## Problem statement:
Working through the entries below, find how many lines include "later", then write only that number.

## Data provided:

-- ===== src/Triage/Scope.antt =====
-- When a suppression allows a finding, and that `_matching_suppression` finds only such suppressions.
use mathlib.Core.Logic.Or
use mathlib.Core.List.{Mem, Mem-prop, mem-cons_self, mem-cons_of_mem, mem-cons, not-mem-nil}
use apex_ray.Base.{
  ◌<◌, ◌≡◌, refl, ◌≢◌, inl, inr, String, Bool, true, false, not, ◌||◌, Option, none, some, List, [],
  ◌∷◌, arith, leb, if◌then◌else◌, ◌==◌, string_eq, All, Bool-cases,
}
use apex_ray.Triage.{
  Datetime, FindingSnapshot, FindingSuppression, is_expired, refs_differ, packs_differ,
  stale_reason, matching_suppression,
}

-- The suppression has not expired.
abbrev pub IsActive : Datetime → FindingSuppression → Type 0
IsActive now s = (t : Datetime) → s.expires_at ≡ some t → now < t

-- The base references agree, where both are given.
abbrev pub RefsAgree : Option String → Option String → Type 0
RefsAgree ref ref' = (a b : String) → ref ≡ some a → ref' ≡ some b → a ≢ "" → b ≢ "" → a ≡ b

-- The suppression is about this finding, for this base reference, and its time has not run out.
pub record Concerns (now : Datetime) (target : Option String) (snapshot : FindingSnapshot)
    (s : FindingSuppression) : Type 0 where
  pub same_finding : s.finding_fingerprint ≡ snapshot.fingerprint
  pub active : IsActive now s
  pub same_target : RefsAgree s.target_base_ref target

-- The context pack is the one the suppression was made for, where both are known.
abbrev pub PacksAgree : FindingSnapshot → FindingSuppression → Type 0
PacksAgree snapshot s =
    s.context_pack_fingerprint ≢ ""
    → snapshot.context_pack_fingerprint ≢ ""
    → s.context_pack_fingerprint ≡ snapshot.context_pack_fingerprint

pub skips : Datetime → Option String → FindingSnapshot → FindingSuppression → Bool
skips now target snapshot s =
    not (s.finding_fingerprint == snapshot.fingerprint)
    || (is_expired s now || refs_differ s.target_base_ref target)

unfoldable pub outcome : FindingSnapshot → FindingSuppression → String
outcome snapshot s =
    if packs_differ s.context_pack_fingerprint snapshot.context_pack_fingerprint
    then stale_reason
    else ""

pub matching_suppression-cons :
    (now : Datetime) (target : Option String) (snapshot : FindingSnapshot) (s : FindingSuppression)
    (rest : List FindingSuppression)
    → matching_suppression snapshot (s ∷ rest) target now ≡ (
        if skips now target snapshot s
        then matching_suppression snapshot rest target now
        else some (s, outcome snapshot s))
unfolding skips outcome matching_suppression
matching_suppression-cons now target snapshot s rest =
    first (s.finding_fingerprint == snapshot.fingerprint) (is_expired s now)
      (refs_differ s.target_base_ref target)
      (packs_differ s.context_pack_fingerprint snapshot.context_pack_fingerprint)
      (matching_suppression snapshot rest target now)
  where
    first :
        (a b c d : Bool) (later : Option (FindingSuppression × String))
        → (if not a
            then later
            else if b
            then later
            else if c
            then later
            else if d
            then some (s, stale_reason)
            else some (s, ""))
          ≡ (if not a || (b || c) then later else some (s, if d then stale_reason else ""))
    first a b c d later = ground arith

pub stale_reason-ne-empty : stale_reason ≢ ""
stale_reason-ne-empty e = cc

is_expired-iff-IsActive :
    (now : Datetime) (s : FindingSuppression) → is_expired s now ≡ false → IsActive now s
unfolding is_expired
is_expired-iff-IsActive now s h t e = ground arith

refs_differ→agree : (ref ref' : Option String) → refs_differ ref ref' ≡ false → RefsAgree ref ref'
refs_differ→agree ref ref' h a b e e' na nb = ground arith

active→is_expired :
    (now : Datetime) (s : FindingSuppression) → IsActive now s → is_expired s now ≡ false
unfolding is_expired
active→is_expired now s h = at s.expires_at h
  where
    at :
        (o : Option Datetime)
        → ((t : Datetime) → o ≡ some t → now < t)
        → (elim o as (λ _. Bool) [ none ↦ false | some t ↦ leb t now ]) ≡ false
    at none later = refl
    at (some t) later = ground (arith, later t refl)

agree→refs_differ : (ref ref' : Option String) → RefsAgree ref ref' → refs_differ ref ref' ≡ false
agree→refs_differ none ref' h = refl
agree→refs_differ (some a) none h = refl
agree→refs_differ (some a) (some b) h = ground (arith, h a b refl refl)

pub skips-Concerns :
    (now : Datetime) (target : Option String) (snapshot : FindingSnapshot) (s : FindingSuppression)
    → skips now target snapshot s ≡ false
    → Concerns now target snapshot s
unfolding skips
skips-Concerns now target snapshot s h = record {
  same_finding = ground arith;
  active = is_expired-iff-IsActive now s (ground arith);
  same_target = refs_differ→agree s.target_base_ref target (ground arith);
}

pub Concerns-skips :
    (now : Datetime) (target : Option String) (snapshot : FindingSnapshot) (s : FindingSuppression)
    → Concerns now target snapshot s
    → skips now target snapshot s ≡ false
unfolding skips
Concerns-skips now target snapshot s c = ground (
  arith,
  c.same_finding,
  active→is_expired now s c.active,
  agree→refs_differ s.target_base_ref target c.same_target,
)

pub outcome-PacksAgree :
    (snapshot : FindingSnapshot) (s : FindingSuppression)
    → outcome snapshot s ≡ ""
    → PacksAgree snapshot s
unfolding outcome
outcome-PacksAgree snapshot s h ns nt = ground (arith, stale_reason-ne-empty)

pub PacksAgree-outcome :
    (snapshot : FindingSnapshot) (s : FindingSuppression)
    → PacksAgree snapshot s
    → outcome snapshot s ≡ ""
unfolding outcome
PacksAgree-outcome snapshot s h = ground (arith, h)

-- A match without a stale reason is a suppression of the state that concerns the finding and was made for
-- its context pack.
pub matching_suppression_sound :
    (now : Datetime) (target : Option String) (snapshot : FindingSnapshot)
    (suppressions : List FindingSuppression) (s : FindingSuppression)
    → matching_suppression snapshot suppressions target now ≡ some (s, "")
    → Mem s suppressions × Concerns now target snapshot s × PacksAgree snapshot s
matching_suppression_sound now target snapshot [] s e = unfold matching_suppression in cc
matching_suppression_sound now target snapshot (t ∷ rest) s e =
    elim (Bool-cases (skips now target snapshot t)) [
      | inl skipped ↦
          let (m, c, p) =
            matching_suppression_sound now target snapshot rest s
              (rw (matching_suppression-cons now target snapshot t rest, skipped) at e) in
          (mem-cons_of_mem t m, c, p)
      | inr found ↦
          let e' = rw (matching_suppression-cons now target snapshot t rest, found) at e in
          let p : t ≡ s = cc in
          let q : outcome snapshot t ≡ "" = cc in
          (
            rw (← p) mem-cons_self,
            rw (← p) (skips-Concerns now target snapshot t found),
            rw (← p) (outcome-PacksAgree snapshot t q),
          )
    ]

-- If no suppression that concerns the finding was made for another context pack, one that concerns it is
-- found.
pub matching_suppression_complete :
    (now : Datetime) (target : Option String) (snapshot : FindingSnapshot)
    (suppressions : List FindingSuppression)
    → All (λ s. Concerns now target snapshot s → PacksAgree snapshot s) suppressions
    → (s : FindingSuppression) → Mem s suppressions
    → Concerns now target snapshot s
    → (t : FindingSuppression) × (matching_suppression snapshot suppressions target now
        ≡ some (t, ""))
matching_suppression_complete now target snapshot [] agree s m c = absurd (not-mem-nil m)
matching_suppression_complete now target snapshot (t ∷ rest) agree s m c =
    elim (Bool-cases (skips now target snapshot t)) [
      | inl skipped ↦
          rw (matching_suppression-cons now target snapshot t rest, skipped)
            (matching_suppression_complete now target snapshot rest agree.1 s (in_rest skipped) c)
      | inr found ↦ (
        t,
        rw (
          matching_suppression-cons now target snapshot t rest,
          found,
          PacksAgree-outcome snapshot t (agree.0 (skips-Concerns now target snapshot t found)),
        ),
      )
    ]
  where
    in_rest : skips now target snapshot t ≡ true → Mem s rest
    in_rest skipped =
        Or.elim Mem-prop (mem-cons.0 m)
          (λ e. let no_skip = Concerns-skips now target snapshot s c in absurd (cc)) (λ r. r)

## Exercise response:
8